Pedro Borges Lemos em Braga / DR
Fernando André Silva

Pedro Borges Lemos, advogado e militante do CDS-PP, é o rosto de uma corrente de opinião daquele partido que diverge da direção liderada por Assunção Cristas. Ao Semanário V, o comentador e colunista de vários órgãos de comunicação social explica as divergências e lamenta que, para o distrito de Braga, tenha sido indicado um lisboeta como candidato a deputado à Assembleia da República.

 

Pedro Borges Lemos em Braga / DR

“Eu considero que Braga é um exemplo para o resto do país no sentido em que as pessoas são muito genuínas e com capacidade de entrega. São conservadoras, e portanto, identificam-se com o CDS XXI”

Quem é Pedro Borges Lemos e o movimento CDS XXI?

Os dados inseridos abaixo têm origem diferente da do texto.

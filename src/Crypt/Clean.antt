-- ===== src/Crypt/Clean.antt =====
-- What the two functions leave in the caller's objects and in the freed blocks, and what a success
-- of a decryption means, whatever the crypto library answers.
use trusty_platform_sand.Base.{
  ℕ, ◌+◌, ◌-◌, ◌^◌, ◌≡◌, ◌⊎◌, inl, inr, refl, ◌∙◌, ap, sym, Option, none, some, List, [], ◌∷◌, ◌++◌,
  length, drop, zeros, Option-cases, ◌==◌, Bool-cases,
}
use mathlib.Core.List.{append-nil}
use trusty_platform_sand.Crypt.{
  no_error, Evp, Work, Step, next, exit, fault, Op, to_int, gcm_tag_size, Result, invalid, run,
  start, with_buffer, aes_256_gcm_encrypt, aes_256_gcm_decrypt,
}
use trusty_platform_sand.Crypt.Made.{Spec, Failed, Went}
use mathlib.Core.Path.{subst}
use trusty_platform_sand.Crypt.Verified.{
  IsChecked, opened, decrypt_body-Checked, encrypt_body-cleared,
}

-- A block has the size asked for.
abbrev pub Allocates : Evp → Type 0
Allocates evp = (n : ℕ) (block : List ℕ) → evp.malloc n ≡ some block → length block ≡ n

-- Whatever block is freed holds zeros only, and a result that is an error leaves the caller's
-- size as it was.
pub record IsClean (out_size : Option ℕ) (r : Result) : Type 0 where
  pub cleared : (r.freed ≡ []) ⊎ ((n : ℕ) × (r.freed ≡ zeros n ∷ []))
  pub size_is : (r.rc ≡ no_error) ⊎ (r.out_size ≡ out_size)

-- `Good` holds of a success.
pub record Ends (Good : Type 0) (out_size : Option ℕ) (r : Result) : Type 0 where
  pub clean : IsClean out_size r
  pub success : r.rc ≡ no_error → Good

abbrev pub EndsIfAny : Type 0 → Option ℕ → Option Result → Type 0
EndsIfAny Good out_size none = Unit {0}
EndsIfAny Good out_size (some r) = Ends Good out_size r

drop-length : (xs : List ℕ) → drop (length xs) xs ≡ []
drop-length [] = refl
drop-length (x ∷ xs) = drop-length xs

pub cleared_by :
    (size : ℕ) (buf : List ℕ)
    → length buf ≡ size
    → (zeros size ++ drop size buf) ∷ [] ≡ zeros size ∷ []
cleared_by size buf e =
    ap (λ (l : List ℕ). (zeros size ++ l) ∷ []) (rw (sym e) (drop-length buf))
    ∙ ap (λ (l : List ℕ). l ∷ []) (append-nil (zeros size))

module _ (evp : Evp) where
  run-Ends :
      (size out_size : ℕ) (Good : Type 0) (s : Step (Unit {0}))
      → Spec (λ _ w. Good × (length w.out_buf ≡ size)) (Failed out_size size) s
      → EndsIfAny Good (some out_size) (run evp size s)
  unfolding run
  run-Ends size out_size Good (next _ w) (good, e) = record {
    clean = record { cleared = inr (size, cleared_by size w.out_buf e); size_is = inl refl };
    success = λ _. good;
  }
  run-Ends size out_size Good (exit rc w) failed = record {
    clean = record {
      cleared = inr (size, cleared_by size w.out_buf failed.kept.room_kept);
      size_is = inr (ap some failed.kept.size_kept);
    };
    success = λ e. absurd (failed.failure e);
  }
  run-Ends size out_size Good fault spec = tt

  invalid-Ends :
      (Good : Type 0) (out : Option (List ℕ)) (out_size : Option ℕ)
      → EndsIfAny Good out_size (invalid evp out out_size)
  invalid-Ends Good out out_size = record {
    clean = record { cleared = inl refl; size_is = inr refl };
    success = λ e. absurd cc;
  }

  with_buffer-Ends :
      (Good : Type 0) (size : ℕ) (out : List ℕ) (out_size : ℕ) (body : Op (Unit {0}))
      → Allocates evp
      → ((w : Work)
          → Went evp out_size size [] w
          → Spec (λ _ w'. Good × (length w'.out_buf ≡ size)) (Failed out_size size) (body w))
      → EndsIfAny Good (some out_size) (with_buffer evp size out out_size body)
  unfolding with_buffer
  with_buffer-Ends Good size out out_size body sized spec = elim (Option-cases (evp.malloc size)) [
    | inl e ↦ rw (with_buffer, e) (invalid-Ends Good (some out) (some out_size))
    | inr (block, e) ↦
        rw (with_buffer, e)
          (run-Ends size out_size Good (body (start evp out out_size block)) (
            spec (start evp out out_size block) (record {
              calls_are = refl;
              keeps = record { size_kept = refl; room_kept = sized size block e };
            })))
  ]

  encrypt-Ends :
      (key iv : List ℕ) (iv_size : ℕ) (aad : Option (List ℕ)) (aad_size : ℕ) (plain : List ℕ)
      (plain_size : ℕ) (out : List ℕ) (out_size : ℕ)
      → Allocates evp
      → EndsIfAny (Unit {0}) (some out_size) (
          aes_256_gcm_encrypt evp
            (some key)
            (some iv)
            iv_size
            aad
            aad_size
            (some plain)
            plain_size
            (some out)
            (some out_size))
  unfolding aes_256_gcm_encrypt
  encrypt-Ends key iv iv_size aad aad_size plain plain_size out out_size sized =
      elim (Bool-cases (iv_size == 0)) [
        | inl e ↦ rw e (invalid-Ends (Unit {0}) (some out) (some out_size))
        | inr e ↦ rw e (
            with_buffer-Ends (Unit {0}) _ out out_size _ sized
              (encrypt_body-cleared evp out_size _ key iv iv_size aad aad_size plain plain_size))
      ]

  decrypt-Ends :
      (key iv : List ℕ) (iv_size : ℕ) (aad : Option (List ℕ)) (aad_size : ℕ) (cipher : List ℕ)
      (cipher_size : ℕ) (out : List ℕ) (out_size : ℕ)
      → Allocates evp
      → EndsIfAny
          (IsChecked evp
            (opened key iv iv_size aad aad_size)
            cipher
            (to_int (cipher_size + 2 ^ 64 - gcm_tag_size)))
          (some out_size)
          (aes_256_gcm_decrypt evp
            (some key)
            (some iv)
            iv_size
            aad
            aad_size
            (some cipher)
            cipher_size
            (some out)
            (some out_size))
  unfolding aes_256_gcm_decrypt
  decrypt-Ends key iv iv_size aad aad_size cipher cipher_size out out_size sized =
      elim (Bool-cases (iv_size == 0)) [
        | inl e ↦ rw e (invalid-Ends _ (some out) (some out_size))
        | inr e ↦ rw e (
            with_buffer-Ends _ _ out out_size _ sized
              (decrypt_body-Checked evp out_size _ key iv iv_size aad aad_size cipher cipher_size))
      ]

  -- When the given pointers are not NULL and a block has the size asked for, a run of either
  -- function that accesses no memory outside its objects frees no block or one that holds zeros
  -- only, and leaves the caller's size as it was unless it returns AES_GCM_NO_ERROR.
  pub aes_256_gcm-IsClean :
      (key iv : List ℕ) (iv_size : ℕ) (aad : Option (List ℕ)) (aad_size : ℕ) (text : List ℕ)
      (text_size : ℕ) (out : List ℕ) (out_size : ℕ) (r : Result)
      → Allocates evp
      → (aes_256_gcm_encrypt evp
            (some key)
            (some iv)
            iv_size
            aad
            aad_size
            (some text)
            text_size
            (some out)
            (some out_size)
          ≡ some r)
        ⊎ (aes_256_gcm_decrypt evp
              (some key)
              (some iv)
              iv_size
              aad
              aad_size
              (some text)
              text_size
              (some out)
              (some out_size)
            ≡ some r)
      → IsClean (some out_size) r
  aes_256_gcm-IsClean key iv iv_size aad aad_size text text_size out out_size r sized (inl e) =
      (subst (EndsIfAny (Unit {0}) (some out_size)) e
        (encrypt-Ends key iv iv_size aad aad_size text text_size out out_size sized)).clean
  aes_256_gcm-IsClean key iv iv_size aad aad_size text text_size out out_size r sized (inr e) =
      (subst (EndsIfAny _ (some out_size)) e
        (decrypt-Ends key iv iv_size aad aad_size text text_size out out_size sized)).clean

  -- When the given pointers are not NULL, a block has the size asked for, and
  -- `aes_256_gcm_decrypt` returns AES_GCM_NO_ERROR, then the final call of the library succeeded
  -- on a context that got the key, the vector and its length, the additional data, the cipher text
  -- and, as the tag, the 16 bytes behind it.
  pub aes_256_gcm_decrypt-IsChecked :
      (key iv : List ℕ) (iv_size : ℕ) (aad : Option (List ℕ)) (aad_size : ℕ) (cipher : List ℕ)
      (cipher_size : ℕ) (out : List ℕ) (out_size : ℕ) (r : Result)
      → Allocates evp
      → aes_256_gcm_decrypt evp
          (some key)
          (some iv)
          iv_size
          aad
          aad_size
          (some cipher)
          cipher_size
          (some out)
          (some out_size)
        ≡ some r
      → r.rc ≡ no_error
      → IsChecked evp
          (opened key iv iv_size aad aad_size)
          cipher
          (to_int (cipher_size + 2 ^ 64 - gcm_tag_size))
  aes_256_gcm_decrypt-IsChecked key iv iv_size aad aad_size cipher cipher_size out out_size r sized
        e good =
      (subst (EndsIfAny _ (some out_size)) e
          (decrypt-Ends key iv iv_size aad aad_size cipher cipher_size out out_size sized)).success
        good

Sou advogado e militante do CDS-PP. Sou também colunista do Semanário Económico, já fui colunista do Público, comentador residente na Económico TV durante dois anos e sou presença regular na SIC Notícias e na TV Record. Quanto ao CDS XXI, trata-se de uma corrente de opinião moderna que respeita os valores fundacionais do CDS enquanto partido democrata cristão. Defende a credibilidade e transparência na política e pugna pela proximidade entre os dirigentes e os eleitores. Queremos dar voz e relevância às bases do partido, em especial à juventude e aos trabalhadores democratas-cristãos. No fundo aposta na promoção de uma cidadania ativa e informada, com participação politica de independentes, privilegiando a elevação ética, o mérito cívico e profissional. Defendemos ainda uma ideologia atualizada com os valores democratas e cristãos, inspirada no pensamento social e universal do Papa Francisco.

Porquê criar esta “corrente” que diverge da direção do partido?

Há um problema de transparência na política. É essencial cada vez mais ação política direcionada no sentido de uma reforma do sistema politico. Mas uma verdadeira reforma, onde seja possível acabar com populismos, oligarquias e corrupção. Sem esta reforma continuaremos a estimular abstencionismo nas urnas e nos processos democráticos. É essencial que haja cada vez mais uma transparência naquilo que é a acão política e também o combate feroz àquilo que neste momento cria a oligarquia e nepotismo.

Fala de “cunhas” e “compadrios”?

Verificamos que as pessoas são deslocadas para determinados cargos não em função do mérito, não em função da competência, mas em função de interesses e conveniências. É cada vez mais necessário na politica portuguesa operar uma verdadeira reforma que realmente combata de uma forma eficaz a questão da corrupção e promiscuidade entre publico e privado, e as suas incompatibilidades, e que privilegie a méritocracia em detrimento daquilo que são os ditos compadrios e lóbis dentro dos partidos e da politica em geral.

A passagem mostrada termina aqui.